DESCRIPTION OF THE TASK: Nothing but the lines from the start of the records below through the line that has "-- ===== src/Interpreter/Values.antt" should appear, each exactly as given.

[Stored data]
········
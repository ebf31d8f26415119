-- ===== src/Interpreter/Frames.antt =====
-- The stack of frames across one round of Interpreter::Invoke (interpreter/interpreter.cpp).
pub mod Primitives
pub mod Handlers
pub mod Values
pub mod Moves
pub mod Calls
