-- ===== src/Interpreter/Values.antt =====
-- The handlers of interpreter/interpreter.cpp for numbers, arrays and objects. Doubles are their 64
-- bits; the hardware's arithmetic on them is a parameter.
use k3s_virtual_machine.Base.{
  ℕ, Bool, not, Outcome, ok, err, ◌>>=◌, ◌>>◌, guard, undefined, zero_division, if◌then◌else◌,
}
use k3s_virtual_machine.Interpreter.Register.{
  Register, func, type_eq, set_num, set_array, get_as_function, get_as_array, get_as_object,
  get_as_string,
}
use k3s_virtual_machine.Interpreter.Objects.{
  array, string, object, function, set_this, get_array_elem, set_array_elem, get_field, set_field,
}
use k3s_virtual_machine.Interpreter.Machine.{
  Machine, get_acc, set_acc, get_reg, load, load_function, store_body,
}
use k3s_virtual_machine.Interpreter.Allocate.{new_array}

-- `+ - * /` and `std::fmod`, the comparisons with 0, 1.0, and the conversion to `size_t`.
pub record Doubles : Type 0 where
  pub plus : ℕ → ℕ → ℕ
  pub minus : ℕ → ℕ → ℕ
  pub times : ℕ → ℕ → ℕ
  pub over : ℕ → ℕ → ℕ
  pub fmod : ℕ → ℕ → ℕ
  pub le_zero : ℕ → Bool
  pub lt_zero : ℕ → Bool
  pub ge_zero : ℕ → Bool
  pub eq_zero : ℕ → Bool
  pub one : ℕ
  pub to_size : ℕ → ℕ

-- ADD, SUB, MUL on two registers; DIV, MOD with the test of the divisor.
unfoldable pub handle_arith : (ℕ → ℕ → ℕ) → Machine → ℕ → ℕ → Outcome Machine
handle_arith op m a b = do
  x ← get_reg m a
  y ← get_reg m b
  set_acc m (set_num (op x.value y.value))

unfoldable pub handle_div : Doubles → (ℕ → ℕ → ℕ) → Machine → ℕ → ℕ → Outcome Machine
handle_div d op m a b = do
  y ← get_reg m b
  guard (not (d.eq_zero y.value)) zero_division
  x ← get_reg m a
  set_acc m (set_num (op x.value y.value))

-- ADD2, SUB2, MUL2, DIV2 on the accumulator, and DECA.
unfoldable pub handle_arith2 : (ℕ → ℕ → ℕ) → Machine → ℕ → Outcome Machine
handle_arith2 op m a = do x ← get_acc m; y ← get_reg m a; set_acc m (set_num (op x.value y.value))

unfoldable pub handle_div2 : Doubles → Machine → ℕ → Outcome Machine
handle_div2 d m a = do
  y ← get_reg m a
  guard (not (d.eq_zero y.value)) zero_division
  x ← get_acc m
  set_acc m (set_num (d.over x.value y.value))

unfoldable pub handle_deca : Doubles → Machine → Outcome Machine
handle_deca d m = do x ← get_acc m; set_acc m (set_num (d.minus x.value d.one))

-- NEWARR
unfoldable pub handle_newarr : Doubles → Machine → ℕ → Outcome Machine
handle_newarr d m a = do
  r ← get_reg m a
  (addr, m') ← new_array m (d.to_size r.value)
  set_acc m' (set_array addr)

-- SETELEM, GETELEM on an array and on an object.
unfoldable pub handle_setelem_array : Doubles → Machine → ℕ → ℕ → Outcome Machine
handle_setelem_array d m a b = do
  index ← get_reg m b
  r ← get_reg m a
  addr ← get_as_array r
  acc ← get_acc m
  o ← load m addr
  elim o.body [
    | array items ↦ do
      items' ← set_array_elem items (d.to_size index.value) acc
      store_body m addr (array items')
    | _ ↦ err undefined
  ]

unfoldable pub handle_setelem_object : Machine → ℕ → ℕ → Outcome Machine
handle_setelem_object m a b = do
  name ← get_reg m b
  text ← get_as_string name
  s ← load m text
  r ← get_reg m a
  addr ← get_as_object r
  acc ← get_acc m
  o ← load m addr
  elim s.body [
    | string id ↦ elim o.body [
      | object mapping items ↦ do
        items' ← set_field mapping items id acc
        store_body m addr (object mapping items')
      | _ ↦ err undefined
    ]
    | _ ↦ err undefined
  ]

unfoldable pub handle_getelem_array : Doubles → Machine → ℕ → ℕ → Outcome Machine
handle_getelem_array d m a b = do
  index ← get_reg m b
  r ← get_reg m a
  addr ← get_as_array r
  o ← load m addr
  elim o.body [
    | array items ↦ do x ← get_array_elem items (d.to_size index.value); set_acc m x
    | _ ↦ err undefined
  ]

-- A method that is read from an object is bound to it.
unfoldable pub bind_method : Machine → Register → Register → Outcome Machine
bind_method m x this =
    if type_eq x.type func
    then (do
      addr ← get_as_function x
      f ← load_function m addr
      store_body m addr (function (set_this f this)))
    else ok m

unfoldable pub handle_getelem_object : Machine → ℕ → ℕ → Outcome Machine
handle_getelem_object m a b = do
  name ← get_reg m b
  text ← get_as_string name
  s ← load m text
  r ← get_reg m a
  addr ← get_as_object r
  o ← load m addr
  elim s.body [
    | string id ↦ elim o.body [
      | object mapping items ↦ do
        x ← get_field mapping items id
        m' ← set_acc m x
        bind_method m' x r
      | _ ↦ err undefined
    ]
    | _ ↦ err undefined
  ]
········
EXERCISE RESULT:
repository ebf31d8f26415119
-- ===== src/Interpreter/Frames.antt =====
-- The stack of frames across one round of Interpreter::Invoke (interpreter/interpreter.cpp).
pub mod Primitives
pub mod Handlers
pub mod Values
pub mod Moves
pub mod Calls
-- ===== src/Interpreter/Values.antt =====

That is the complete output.